It's always fun when articles in expensive scholarly journals reach the age at which the public can read them free of charge. By clicking here, you can download a free copy of this article from the Journal of the National Cancer Institute:
It's a pretty authoritative study that seems to contradict an earlier study, accepted by the United Nations' public health officials but not those of the United States, that pronoounced glyphosate to be a "probable carcinogen." Citing stacks of other interesting studies, Andreotti et al. report that a statistical study found only weak correlations between glyphosate exposure and several types of cancer, with the exception of myeloid leukemia. There was a stronger correlation between glyphosate exposure and myeloid leukemia. Also, most of the glyphosate-exposed cancer survivors had been exposed to other carcinogens.
Does that mean glyphosate is not a carcinogen?
Wouldn't it be pleasant if our bodies could only suffer from one kind of damage at a time? /Wouldn't it be fair? You have a broken arm, so you can't have a broken leg. You are too much Thanksgiving dinner, so you can't have food poisoning. You used to smoke cigarettes, so glyphosate couldn't have had anything to do with your having lung cancer.
Bosh.
Any naturopathic doctor will tell you that, actually, the causes of symptoms are more likely to be "all of the above" than to be "either/or." The person with the broken arm is more likely to have a broken leg, from the same accident or a later one, because the person's bones aren't as hard as they ought to be. The person who ate too much turkey is more likely to have ingested more of the bacteria that cause food poisoning. The person who used to smoke cigarettes has done some damage that makes it easier for cancer to develop in per lungs, and glyphosate may add to that damage and speed up the growth of the cancer.
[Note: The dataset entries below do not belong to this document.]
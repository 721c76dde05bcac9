-- ===== src/Tests/Runner.antt =====
-- The runner on single events.
use workflowui.Base.{
  Distinct, map, All, any, not, ◌==◌, inr, ℕ, ◌≡◌, refl, String, none, some, List, [], ◌∷◌,
  ne_of_eq_false,
}
use workflowui.Store.{Dict, Node, partialize}
use workflowui.Debug.{DebugState}
use workflowui.Debug
use workflowui.Toast
use workflowui.Toast.{ToastLevel, add_toast}
use workflowui.Runner.Reconcile.{IsTaken, reconcile_from_snapshot_lem}
use workflowui.Runner.{
  WorkflowStateSnapshot, reconcile_from_snapshot, Runner, node_status, workflow_complete,
  NodeStatusUpdate, ValidationError, on_notification, coerce_status, handle_validation_failed,
  summary,
}
use workflowui.Runner.Stale.{on_notification_stale}
use workflowui.Runner.Graph.{RunEvent, notified, reconciled, observe_all, partialize-observe_all}
use workflowui.Runner.Nodes.{
  DataOf, IsPainted, names, nodes_where, on_notification_fresh, handle_validation_failed_lem,
}
use workflowui.Tests.Store.{small}

abbrev of_text : String → ℕ
of_text t = 0

abbrev decimal : ℕ → String
decimal n = "many"

abbrev pub start : Runner ℕ ℕ
start = record {
  workflow = small;
  debug = Debug.init;
  toasts = Toast.init;
  current_run_id = some "run-2";
}

abbrev late : NodeStatusUpdate ℕ ℕ
late = record {
  node_id = "a";
  status = "done";
  elapsed_ms = some 9;
  output = none;
  error = none;
  kind = none;
  reason = none;
  upstream = none;
  runs_count = none;
  avg_ms = none;
  run_id = some "run-1";
  errors = none;
}

on_notification_stale_example : on_notification of_text decimal 5 (node_status late) start ≡ start
on_notification_stale_example =
    on_notification_stale of_text decimal 5 (node_status late) start
      ("run-1", "run-2", refl, refl, ne_of_eq_false "run-1" "run-2" refl)

abbrev events : List (RunEvent ℕ ℕ)
events =
    notified 5 (node_status (record late { run_id = some "run-2" }))
    ∷ reconciled none
    ∷ notified 6 workflow_complete
    ∷ []

partialize-observe_all_example :
    partialize (observe_all of_text decimal events start).workflow ≡ partialize small
partialize-observe_all_example = partialize-observe_all of_text decimal events start

abbrev timely : NodeStatusUpdate ℕ ℕ
timely = record late { run_id = some "run-2" }

on_notification_fresh_example :
    let t = (on_notification of_text decimal 5 (node_status timely) start).workflow in
    DataOf "a" (λ d. d.status ≡ coerce_status "done") t.nodes
    × (nodes_where (λ id. not (id == "a")) t ≡ nodes_where (λ id. not (id == "a")) small)
    × (map Node.id t.nodes ≡ map Node.id small.nodes)
on_notification_fresh_example =
    on_notification_fresh of_text 5 decimal timely start (inr (inr refl))
      (ne_of_eq_false "a" "__workflow__" refl)

abbrev problem : ValidationError
problem = record { kind = "unknown_port"; message = "no port 'x'"; node_id = some "a"; edge = none }

handle_validation_failed_lem_example :
    let t = handle_validation_failed of_text decimal 5 (problem ∷ []) start in
    (t.toasts ≡ add_toast (summary decimal (problem ∷ [])) ToastLevel.error Toast.init)
    × All (IsPainted small.nodes_by_id t.workflow) (problem ∷ [])
    × (nodes_where (λ id. not (any (names id) (problem ∷ []))) t.workflow
        ≡ nodes_where (λ id. not (any (names id) (problem ∷ []))) small)
handle_validation_failed_lem_example =
    handle_validation_failed_lem of_text 5 decimal (problem ∷ []) start

abbrev statuses : Dict String
statuses = ("gone", "done") ∷ ("a", "error") ∷ []

abbrev snapshot : WorkflowStateSnapshot
snapshot = record { run_id = some ""; statuses = some statuses; paused_at = some "a" }

statuses-Distinct : Distinct (map (λ e. e.0) statuses)
statuses-Distinct = ((ne_of_eq_false "gone" "a" refl, tt), (tt, tt))

reconcile_from_snapshot_lem_example :
    let r = reconcile_from_snapshot (some snapshot) start in
    let q = λ (id : String). not (any (λ e. e.0 == id) statuses) in
    (r.current_run_id ≡ none)
    × (r.debug.paused_at_node_id ≡ some "a")
    × All (IsTaken small.nodes_by_id r.workflow) statuses
    × (nodes_where q r.workflow ≡ nodes_where q small)
reconcile_from_snapshot_lem_example = reconcile_from_snapshot_lem snapshot start statuses-Distinct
The Andreotti team's results don't contradict the results of other glyphosate studies. They fit right in with the pattern observed in studies of immediate, often minor, glyphosate reactions: Most individuals will show some sort of adverse reaction, but most individuals will not show one of several specific reactions, because glyphosate reactions are such individual things.
Glyphosate reactions aren't even necessarily determined by the method of exposure. It seems logical that skin lesions would form when glyphosate makes contact with skin, respiratory symptoms would result from inhaling glyphosate vapors, and gastrointestinal symptoms would result from eating glyphosate-tainted food. To some extent that's what we observe, but it's not perfect. If you have a chance to watch a crowd of unsuspecting people react to glyphosate vapors you'll see quite a few bolting toward bathrooms rather than coughing and sneezing, though you'll see plenty of coughing and sneezing, probably some asthma...and also possibly some narcolepsy, some vertigo, some mental confusion and/or mood swings. People will complain of "having a bad day" with chronic conditions as arthritis, thyroid failure, or neuromuscular diseases flare up. People will feel tired, or will suddenly notice that weather that seemed perfect before exposure feels terribly hot or cold. There is probably a disease condition that glyphosate does not seem to mimic or aggravate but I'm not sure what it might be. Glyphosate reactions among people who don't have Hansen's Disease don't seem to resemble Hansen's Disease, but has anyone observed the reactions of people who have Hansen's Disease?
Before a decision was made that cancer patients should sue Bayer first because they were generally the patients with the lowest life expectancies, people already knew that most people who have glyphosate reactions don't get any kind of cancer. Most people do have unpleasant glyphosate reactions, though many don't recognize what they are reacting to. Most people never get cancer. Even most smokers don't get cancer. The "real cause," the necessary cause without which cancer can't get started however badly the tissue has been damaged, may turn out to be a virus--but that doesn't mean we can ignore the extent to which tissue damage increases the risk of cancer.
There being no question that glyphosate does damage human body tissue, the question is whether, in addition to promoting the progress of cancers affecting the skin, eyes, nose, mouth, digestive system generally, and lungs, glyphosate also increases our risk of developing bizarre, obscure forms of cancer like multiple myeloma. (Weak but positive correlation.) And what Andreotti's data actually tell us is that it does. Especially, for reasons unknown, myeloid leukemia.
Though the gall with which Bayer and other corporate shills defend glyphosate, the insolence of their quibbling style of debate, is truly astounding, rest assured, Gentle Readers, that both in this world and the next, people who are apparently motivated "just to watch [others] die" tend to find themselves in places where they don't want to be.